Fully networked systems transcend integration to achieve interaction, in which the previously independent systems work collectively to optimize the building’s performance and constantly create an environment that is most conducive to the occupants’ goals. Additionally, fully interoperable systems in intelligent buildings tend to perform better, cost less to maintain and leave a smaller environmental imprint that individual utilities and communication systems.
Each building is unique in its mission and operational objectives and therefore, must balance short and long-term needs accordingly. Intelligent buildings serve as a dynamic environment that responds to occupants’ changing needs and lifestyles. As technology advances, and as information and communication expectations becomes more sophisticated, networking solutions both converge and automate the technologies to improve responsiveness, efficiency and performance.
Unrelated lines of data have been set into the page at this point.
-- ===== src/Vm/WideInt/RoundTrip.antt =====
-- The immediates of instructions on wide integers (fuel-asm/src/args/wideint.rs) are read back.
use fuel_vm.Prelude.{◌≡◌, refl, Bool, true, false, some}
use fuel_vm.Vm.WideInt.Args.{
  CompareMode, MathOp, CompareArgs, MathArgs, MulArgs, DivArgs, compare_args_to_imm,
  compare_args_from_imm, math_args_to_imm, math_args_from_imm, mul_args_to_imm, mul_args_from_imm,
  div_args_to_imm, div_args_from_imm,
}

compare_args :
    (mode : CompareMode) (b : Bool)
    → compare_args_from_imm (compare_args_to_imm (record { mode = mode; indirect_rhs = b }))
      ≡ some (record { mode = mode; indirect_rhs = b })
unfolding compare_args_from_imm compare_args_to_imm
compare_args CompareMode.eq true = refl
compare_args CompareMode.eq false = refl
compare_args CompareMode.ne true = refl
compare_args CompareMode.ne false = refl
compare_args CompareMode.lt true = refl
compare_args CompareMode.lt false = refl
compare_args CompareMode.gt true = refl
compare_args CompareMode.gt false = refl
compare_args CompareMode.lte true = refl
compare_args CompareMode.lte false = refl
compare_args CompareMode.gte true = refl
compare_args CompareMode.gte false = refl
compare_args CompareMode.lzc true = refl
compare_args CompareMode.lzc false = refl

math_args :
    (op : MathOp) (b : Bool)
    → math_args_from_imm (math_args_to_imm (record { op = op; indirect_rhs = b }))
      ≡ some (record { op = op; indirect_rhs = b })
unfolding math_args_from_imm math_args_to_imm
math_args MathOp.add true = refl
math_args MathOp.add false = refl
math_args MathOp.sub true = refl
math_args MathOp.sub false = refl
math_args MathOp.not true = refl
math_args MathOp.not false = refl
math_args MathOp.or true = refl
math_args MathOp.or false = refl
math_args MathOp.xor true = refl
math_args MathOp.xor false = refl
math_args MathOp.and true = refl
math_args MathOp.and false = refl
math_args MathOp.shl true = refl
math_args MathOp.shl false = refl
math_args MathOp.shr true = refl
math_args MathOp.shr false = refl

mul_args :
    (a b : Bool)
    → mul_args_from_imm (mul_args_to_imm (record { indirect_lhs = a; indirect_rhs = b }))
      ≡ some (record { indirect_lhs = a; indirect_rhs = b })
unfolding mul_args_from_imm mul_args_to_imm
mul_args true true = refl
mul_args true false = refl
mul_args false true = refl
mul_args false false = refl

div_args :
    (b : Bool)
    → div_args_from_imm (div_args_to_imm (record { indirect_rhs = b }))
      ≡ some (record { indirect_rhs = b })
unfolding div_args_from_imm div_args_to_imm
div_args true = refl
div_args false = refl

-- The immediates of comparisons, of binary operations, of products and of divisions are read back
-- as the arguments that were written.
pub from_imm-to_imm :
    ((args : CompareArgs) → compare_args_from_imm (compare_args_to_imm args) ≡ some args)
    × ((args : MathArgs) → math_args_from_imm (math_args_to_imm args) ≡ some args)
    × ((args : MulArgs) → mul_args_from_imm (mul_args_to_imm args) ≡ some args)
    × ((args : DivArgs) → div_args_from_imm (div_args_to_imm args) ≡ some args)
from_imm-to_imm = (
  λ args. compare_args args.mode args.indirect_rhs,
  λ args. math_args args.op args.indirect_rhs,
  λ args. mul_args args.indirect_lhs args.indirect_rhs,
  λ args. div_args args.indirect_rhs,
)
To achieve this, intelligent buildings converge data, voice and video with security, HVAC, lighting and other electronic controls on a single IP network platform that facilitates user management, space utilization, energy conservation, and comfort and system improvement.
Sinclair: How did CABA verify the report’s findings?
Zimmer: We augmented findings by incorporating a number of industry case studies into the research. Case studies include: Ave Maria University, CityStars of Cairo, Development of the King Abdul Aziz Endowment Project, Kwantlen Polytechnic University’s Trade & Technology Center, Providence Newberg Medical Center, Rogers Centre, and The Verve – High Rise Condominiums.
Sinclair: Who financed and worked on the study?
Zimmer: Organizations that have financed this study include BAE Systems, Cisco Systems, Inc., CommScope, Inc., Delta Controls Inc., Encelium Technologies Inc., the Global Environment Fund, Herman Miller Inc., InfoComm International, Johnson Controls Ltd., Legrand (Ortronics/The Wattstopper), Natural Resources Canada, Robinson Solutions Inc., Sloan Monitored Systems, Trane, Tridel Corporation, and Panduit Corp. Frost & Sullivan was contracted to work with a steering committee formed from CABA's Intelligent & Integrated Buildings Council.
Sinclair: When will the study be available?
Zimmer: The entire report will be announced and released to the general public, free of charge through the CABA Web site at www.caba.org on October 13, 2008.